§ Prompt:
Give back the lines of the records exactly, starting at the first and ending at the one with "-- the three".

-------------------------

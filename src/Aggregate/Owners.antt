-- ===== src/Aggregate/Owners.antt =====
-- aggregate/metrics.rs: the metrics of each owner.
use gh_report.Prelude.{
  ℕ, Bool, true, false, ◌&&◌, ◌||◌, Option, none, some, List, [], map, keep, length, Text, codes,
  Ordering, text_eq, text_cmp, ltb, ◌==◌, if◌then◌else◌, is_some, sort_by, strip_prefix, any,
}
use gh_report.Metrics.{
  saturating_add, saturating_sub, RateMetric, new_rate, with_extra, OwnerMetrics, OwnerType, team,
  ambiguous_team_shaped, user, CollectionHealthCheckKind, ScoreExclusionCount,
}
use gh_report.Metrics.Owners.{
  OwnerEntry, build_owner_repo_map, team_slug_from_canonical_owner, contains,
}
use gh_report.OrderedMap.{OrderedMap}
use gh_report.OrderedMap
use gh_report.Evidence.{RepositoryEvidence}
use gh_report.Checks.Score.{ScoreCategory}
use gh_report.Checks.SecurityPolicy
use gh_report.Checks.SecretScanning
use gh_report.Checks.Dependabot
use gh_report.Checks.BranchProtection
use gh_report.Checks.Codeowners
use gh_report.Checks.Codeowners.{CodeownersStatus}
use gh_report.Aggregate.Counts.{count_as_u32, count_statuses, alert_observable_enabled}
use gh_report.Aggregate.Coverage.{
  ExclusionTally, tally_default, record_reason, push_counts, coverage_metric,
}

-- the three counters that the loop of `build_per_control_coverage` keeps for a control
pub record ControlCounts : Type 0 where
  pub pass : ℕ
  pub fail : ℕ
  pub tally : ExclusionTally

abbrev pub control_default : ControlCounts
control_default = record { pass = 0; fail = 0; tally = tally_default }

abbrev pub count_category : ScoreCategory → ControlCounts → ControlCounts
count_category ScoreCategory.pass c = record c { pass = saturating_add c.pass 1 }
count_category ScoreCategory.fail c = record c { fail = saturating_add c.fail 1 }
count_category (ScoreCategory.excluded reason) c = record c { tally = record_reason reason c.tally }

abbrev pub is_present : CodeownersStatus → Bool
is_present CodeownersStatus.conforming = true
is_present CodeownersStatus.non_conforming = true
is_present CodeownersStatus.absent = false
is_present CodeownersStatus.unknown = false

abbrev count_presence : ScoreCategory → CodeownersStatus → ControlCounts → ControlCounts
count_presence (ScoreCategory.excluded reason) status c = record c {
  tally = record_reason reason c.tally;
}
count_presence _ status c =
    if is_present status
    then record c { pass = saturating_add c.pass 1 }
    else record c { fail = saturating_add c.fail 1 }

pub record OwnerCounts : Type 0 where
  pub sp : ControlCounts
  pub secret : ControlCounts
  pub db : ControlCounts
  pub bp : ControlCounts
  pub co : ControlCounts

abbrev pub owner_default : OwnerCounts
owner_default = record {
  sp = control_default;
  secret = control_default;
  db = control_default;
  bp = control_default;
  co = control_default;
}

unfoldable pub classify_owner : RepositoryEvidence → OwnerCounts → OwnerCounts
unfolding SecurityPolicy.score SecretScanning.score Dependabot.score_of_status
    BranchProtection.score Codeowners.score Codeowners.status
classify_owner repo c = record {
  sp = count_category (SecurityPolicy.score repo.checks.security_policy) c.sp;
  secret = count_category (SecretScanning.score repo.checks.secret_scanning) c.secret;
  db =
      count_category (Dependabot.score_of_status repo.checks.dependabot_security_updates.status)
        c.db;
  bp = count_category (BranchProtection.score repo.checks.branch_protection) c.bp;
  co =
      count_presence (Codeowners.score repo.checks.codeowners)
        (Codeowners.status repo.checks.codeowners) c.co;
}

pub record OwnerControlCoverage : Type 0 where
  pub per_control_coverage : OrderedMap RateMetric
  pub score_exclusion_counts : List ScoreExclusionCount

unfoldable pub control_coverage : ControlCounts → RateMetric
unfolding coverage_metric
control_coverage c = coverage_metric c.pass c.fail c.tally

unfoldable pub build_per_control_coverage : List RepositoryEvidence → OwnerControlCoverage
unfolding count_statuses classify_owner control_coverage push_counts
build_per_control_coverage repos =
    let c = count_statuses classify_owner owner_default repos in
    record {
      per_control_coverage = OrderedMap.insert (codes "codeowners") (control_coverage c.co) (
          OrderedMap.insert (codes "branch_protection") (control_coverage c.bp) (
            OrderedMap.insert (codes "dependabot_security_updates") (control_coverage c.db) (
              OrderedMap.insert (codes "secret_scanning") (control_coverage c.secret)
                (OrderedMap.insert (codes "security_policy") (control_coverage c.sp) []))));
      score_exclusion_counts = push_counts c.co.tally CollectionHealthCheckKind.codeowners (
          push_counts c.bp.tally CollectionHealthCheckKind.branch_protection (
            push_counts c.db.tally CollectionHealthCheckKind.dependabot (
              push_counts c.secret.tally CollectionHealthCheckKind.secret_scanning
                (push_counts c.sp.tally CollectionHealthCheckKind.security_policy []))));
    }

unfoldable pub owner_type_of : Text → OwnerType
unfolding team_slug_from_canonical_owner
owner_type_of canonical =
    if is_some (team_slug_from_canonical_owner canonical)
    then team
    else if contains b'/' canonical
    then ambiguous_team_shaped
    else user

abbrev pub type_rank : OwnerType → ℕ
type_rank team = 0
type_rank ambiguous_team_shaped = 1
type_rank user = 2

abbrev is_gt : Ordering → Bool
is_gt Ordering.gt = true
is_gt Ordering.lt = false
is_gt Ordering.eq = false

unfoldable pub owner_leb : OwnerMetrics → OwnerMetrics → Bool
unfolding text_cmp
owner_leb a b =
    ltb (type_rank a.owner_type) (type_rank b.owner_type)
    || (type_rank a.owner_type == type_rank b.owner_type
        && (if is_gt (text_cmp a.owner b.owner) then false else true))

unfoldable pub owner_metrics_of : Text × OwnerEntry → OwnerMetrics
unfolding count_as_u32 build_per_control_coverage owner_type_of
owner_metrics_of (canonical, (display, repos)) =
    let c = build_per_control_coverage repos in
    record {
      owner = canonical;
      display_name = display;
      owner_type = owner_type_of canonical;
      total_repos = count_as_u32 (length repos);
      per_control_coverage = c.per_control_coverage;
      score_exclusion_counts = c.score_exclusion_counts;
      in_org = none;
    }

unfoldable pub is_clean : RepositoryEvidence → Bool
unfolding SecretScanning.has_open_alerts
is_clean r = elim (SecretScanning.has_open_alerts r.checks.secret_scanning) [
  | some false ↦ true
  | some true ↦ false
  | none ↦ false
]

-- `enrich_owner_metrics_with_lifecycle` for one owner; staleness, which compares timestamps of a
-- time library, is a parameter
unfoldable pub enrich_owner :
    (RepositoryEvidence → Bool) → List RepositoryEvidence → OwnerMetrics → OwnerMetrics
unfolding count_as_u32 new_rate with_extra alert_observable_enabled is_clean
enrich_owner is_stale repos owner =
    let total = count_as_u32 (length repos) in
    let stale_count = count_as_u32 (length (keep is_stale repos)) in
    let observable = keep alert_observable_enabled repos in
    let observable_count = count_as_u32 (length observable) in
    let alert_free_count = count_as_u32 (length (keep is_clean observable)) in
    let non_stale = new_rate (saturating_sub total stale_count) total in
    let alert_free =
      with_extra (codes "unobservable") (saturating_sub total observable_count)
        (new_rate alert_free_count observable_count) in
    record owner {
      per_control_coverage =
          OrderedMap.insert (codes "alert_free") alert_free
            (OrderedMap.insert (codes "non_stale") non_stale owner.per_control_coverage);
    }

module _ (to_lowercase : Text → Text) where
  unfoldable pub build_owner_metrics : List RepositoryEvidence → List OwnerMetrics
  unfolding build_owner_repo_map owner_metrics_of sort_by owner_leb
  build_owner_metrics repositories =
      sort_by owner_leb (map owner_metrics_of (build_owner_repo_map to_lowercase repositories))

  unfoldable pub enrich_owner_metrics_with_lifecycle :
      (RepositoryEvidence → Bool) → List RepositoryEvidence → List OwnerMetrics → List OwnerMetrics
  unfolding build_owner_repo_map enrich_owner
  enrich_owner_metrics_with_lifecycle is_stale repositories owners =
      let owner_repo_map = build_owner_repo_map to_lowercase repositories in
      map
        (λ owner. elim (OrderedMap.get owner.owner owner_repo_map) [
          | none ↦ owner
          | some (display, repos) ↦ enrich_owner is_stale repos owner
        ])
        owners

  -- `unwrap_or`: an owner without `@` is taken whole
  unfoldable pub login_of : Text → Text
  unfolding strip_prefix
  login_of owner =
      to_lowercase (elim (strip_prefix (codes "@") owner) [ none ↦ owner | some rest ↦ rest ])

  unfoldable pub member_of : List Text → Text → Bool
  unfolding text_eq
  member_of set login = any (λ m. text_eq m login) set

  unfoldable pub check_membership : Option (List Text) → OwnerMetrics → OwnerMetrics
  unfolding login_of member_of
  check_membership org_members owner = elim owner.owner_type [
    | user ↦ record owner {
      in_org = elim org_members [
        | none ↦ none
        | some set ↦ some (member_of set (login_of owner.owner))
      ];
    }
    | team ↦ owner
    | ambiguous_team_shaped ↦ owner
  ]

  unfoldable pub enrich_owner_metrics_with_org_membership :
      List OwnerMetrics → Option (List Text) → List OwnerMetrics
  unfolding check_membership
  enrich_owner_metrics_with_org_membership owners org_members =
      map (check_membership org_members) owners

-------------------------

§ Answer to the problem:
filename src/Aggregate/Owners.antt
-- ===== src/Aggregate/Owners.antt =====
-- aggregate/metrics.rs: the metrics of each owner.
use gh_report.Prelude.{
  ℕ, Bool, true, false, ◌&&◌, ◌||◌, Option, none, some, List, [], map, keep, length, Text, codes,
  Ordering, text_eq, text_cmp, ltb, ◌==◌, if◌then◌else◌, is_some, sort_by, strip_prefix, any,
}
use gh_report.Metrics.{
  saturating_add, saturating_sub, RateMetric, new_rate, with_extra, OwnerMetrics, OwnerType, team,
  ambiguous_team_shaped, user, CollectionHealthCheckKind, ScoreExclusionCount,
}
use gh_report.Metrics.Owners.{
  OwnerEntry, build_owner_repo_map, team_slug_from_canonical_owner, contains,
}
use gh_report.OrderedMap.{OrderedMap}
use gh_report.OrderedMap
use gh_report.Evidence.{RepositoryEvidence}
use gh_report.Checks.Score.{ScoreCategory}
use gh_report.Checks.SecurityPolicy
use gh_report.Checks.SecretScanning
use gh_report.Checks.Dependabot
use gh_report.Checks.BranchProtection
use gh_report.Checks.Codeowners
use gh_report.Checks.Codeowners.{CodeownersStatus}
use gh_report.Aggregate.Counts.{count_as_u32, count_statuses, alert_observable_enabled}
use gh_report.Aggregate.Coverage.{
  ExclusionTally, tally_default, record_reason, push_counts, coverage_metric,
}

-- the three counters that the loop of `build_per_control_coverage` keeps for a control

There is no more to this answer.